I also would like you to explain to the class how you plan on preventing Uber from continuously raising the booking fee ?


----------



## Snowtop (Nov 11, 2014)

uberdriverfornow said:


> In Detroit they were making 30 cents a mile. After Uber's commission it's 24 cents a mile.
> 
> https://uberpeople.net/threads/30-cents-a-mile-how-on-earth.53488/
> 
> ...


Kinda of convenient that you left off the .30 per minute ($18.00 per hour) out of your post.


----------



## Michael - Cleveland (Jan 1, 2015)

uberdriverfornow said:


> In Detroit they were making 30 cents a mile. After Uber's commission it's 24 cents a mile.


You're wrong - and misleading people.
The Detroit rate was $.030/mi *AND $0.35 cents a minute*.
It was a test to put more value on the TIME and less on the mileage
(and to drive Lyft and GM insane at a time when GM was investing $500mil into Lyft).

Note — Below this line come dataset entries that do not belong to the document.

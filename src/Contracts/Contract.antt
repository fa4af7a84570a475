-- ===== src/Contracts/Contract.antt =====
-- contracts/contract.go: what is known of a contract, and the checks that say what it is good for.
-- Of the fields, the ones left out are times and the split of the spending, which no check reads.
pub mod Checks
pub mod Size
mod Tests
use indexd.Base.{
  ℕ, ◌*◌, ◌/◌, ◌^◌, ◌≡◌, Bool, true, false, not, Option, arith, min, ltb, leb, ◌==◌, if◌then◌else◌,
}
use indexd.Base.Outcome.{Outcome, ok, err, ◌>>=◌, ◌>>◌, fail_if, panic_if, or_panic}
use indexd.Base.Words.{u64_mod, add64, sub64}
use indexd.Base.Currency.{CurrencyOps}
use indexd.Base.Proto.{Proto}

pub data ContractState : Type 0 where
  pending active resolved expired rejected : ContractState

pub record Contract : Type 0 where
  pub id : ℕ
  pub host_key : ℕ
  pub revision_number : ℕ
  pub proof_height : ℕ
  pub expiration_height : ℕ
  pub capacity : ℕ
  pub size : ℕ
  pub remaining_allowance : ℕ
  pub total_collateral : ℕ
  pub used_collateral : ℕ
  pub good : Bool
  pub state : ContractState

-- `proto.HostSettings`, as far as the code reads it. Versions are ordered as numbers.
pub record HostSettings (Prices : Type 0) : Type 0 where
  pub protocol_version : ℕ
  pub max_collateral : ℕ
  pub remaining_storage : ℕ
  pub tip_height : ℕ
  pub prices : Prices

-- The reasons for which a check refuses a contract.
pub data Refusal : Type 0 where
  not_good max_size not_revisable in_window low_allowance low_collateral host_collateral : Refusal

abbrev pub Check : Type 0
Check = Outcome Refusal (Unit {0})

-- `maxContractSize`: 10 TiB
abbrev pub max_contract_size : ℕ
max_contract_size = 10 * 2 ^ 40

pub good_for_account_funding : Contract → ℕ → Check
good_for_account_funding c target = do
  fail_if (not c.good) not_good
  fail_if (ltb c.remaining_allowance target) low_allowance
  ok tt

unfoldable pub in_renew_window : Contract → ℕ → ℕ → Bool
in_renew_window c renew_window height = leb c.proof_height (add64 height renew_window)

module _ {Prices : Type 0} (ops : CurrencyOps) (proto : Proto Prices) where
  open ops use {mul, div, sub}
  open proto use {
    sector_size, proof_window, append_renter_cost, append_risked_collateral, append_overflows,
  }

  -- `maxSectorsSize` as a uint64, capped; 20% off; and down to whole sectors.
  abbrev round_size : ℕ → ℕ
  round_size max_sectors_size =
      let capped =
        if ltb max_sectors_size u64_mod
        then min max_contract_size max_sectors_size
        else max_contract_size in
      capped * 8 / 10 / sector_size * sector_size

  unfoldable pub max_renewable_contract_size : HostSettings Prices → ℕ → Outcome Refusal ℕ
  max_renewable_contract_size settings period = do
    panic_if (append_overflows settings.prices 1 (add64 period proof_window))
    let risked = append_risked_collateral settings.prices 1 (add64 period proof_window)
    let sector_collateral = if risked == 0 then 1 else risked
    max_sectors ← or_panic (div settings.max_collateral sector_collateral)
    max_sectors_size ← or_panic (mul max_sectors sector_size)
    ok (round_size max_sectors_size)

  -- The part of the check for a contract that has no paid capacity left.
  can_pay_for_sector : Contract → HostSettings Prices → ℕ → Check
  can_pay_for_sector c settings height = do
    let duration = sub64 c.expiration_height height
    panic_if (append_overflows settings.prices 1 duration)
    remaining_collateral ← or_panic (sub c.total_collateral c.used_collateral)
    fail_if (ltb c.remaining_allowance (append_renter_cost settings.prices 1 duration))
        low_allowance
    fail_if (ltb remaining_collateral (append_risked_collateral settings.prices 1 duration))
        low_collateral

  unfoldable pub good_for_append : Contract → HostSettings Prices → ℕ → ℕ → ℕ → Check
  unfolding can_pay_for_sector
  good_for_append c settings renew_window height period = do
    max_renewable_size ← max_renewable_contract_size settings period
    fail_if (not c.good) not_good
    fail_if (leb max_renewable_size c.size) max_size
    fail_if (leb c.proof_height height) not_revisable
    fail_if (in_renew_window c renew_window height) in_window
    if ltb c.size c.capacity then ok tt else can_pay_for_sector c settings height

I ran the numbers comparing the rates in CLE ($0.77/mi & $0.13/min) vs DET for min fare, 3 mile and 5 mile trips
and they came out nearly identically.
And I posted the results somewhere here in UberP.net
And just as importantly, the Detroit per mile rate you quoted to back up your false claim of $0.24/mi isn't even the current rate of earnings - Detroit is now at $0.70/mile and $0.15/min


----------



## uberdriverfornow (Jan 10, 2016)

Michael - Cleveland said:


> You're wrong - and misleading people.
> The Detroit rate was $.030/mi *AND $0.35 cents a minute*.
> It was a test to put more value on the TIME and less on the mileage
> (and to drive Lyft and GM insane at a time when GM was investing $500mil into Lyft).
> ...


Even at 70 cents a mile, that comes out to about 52 cents a mile, which is less than what the IRS even allows you to deduct as necessary expenses at 55 cents a mile. The fact of the matter is that Uber can and will change the rates at will to any amount.

You still didn't answer my question as to how you plan on forcing Uber to give everyone a fair rate, if not through collective bargaining.


----------



## Michael - Cleveland (Jan 1, 2015)

uberdriverfornow said:


> Even at 70 cents a mile, that comes out to about 52 cents a mile


STOP quoting just one portion (mileage) of what makes up the total fare and conveniently leaving out the other portion (time). And also neglecting to mention that a min fare ride pays an effective rate of $2+/mile.


> which is less than what the IRS even allows you to deduct as necessary expenses at 55 cents a mile.


Discussed ad nauseum here, what you can deduct as an allowance in lieu of actual expenses has nothing whatsoever to do with the fares charged by Uber or the earnings paid by Uber.


> The fact of the matter is that Uber can and will change the rates at will to any amount.


Yup - it's called running a business.
And that's what they're doing (badly, imo).


> You still didn't answer my question as to how you plan on forcing Uber to give everyone a fair rate, if not through collective bargaining.


Who made it my job to force anyone else to do anything?
No one is forcing me to driver Uber (or Lyft).
Who's forcing you?

I voice my opinion to Uber by my actions
(Starting #UberOffTuesdays, writing opinion pieces, hopefully helping newer drivers understand the systems and the costs involved in driving).
I drive when it is MOST profitable for me - and accept rides that are only likely to be profitable for me. When the rates were higher, I drove further to do pick-ups and accepted more ride requests. My actions (combined with those of hundreds of others in my market) let Uber know what we are willing to do - and not do. THAT is how Uber makes decisions - data-driven decisions based on the metrics they measure, implemented to maximize service levels and minimize costs. Duh.


----------



## uberdriverfornow (Jan 10, 2016)

Michael - Cleveland said:


> Discussed ad nauseum here, what you can deduct as an allowance iin lieu of actualk expenses has nothing whatysoever to do with the fares charged by Uber or the earnings paid by Uber.Yup - it's called running a business.
> And that's what they're doing (badly, imo).Who made it my job to force anyone else to do anything?
> No one is forcing me to driver Uber (or Lyft).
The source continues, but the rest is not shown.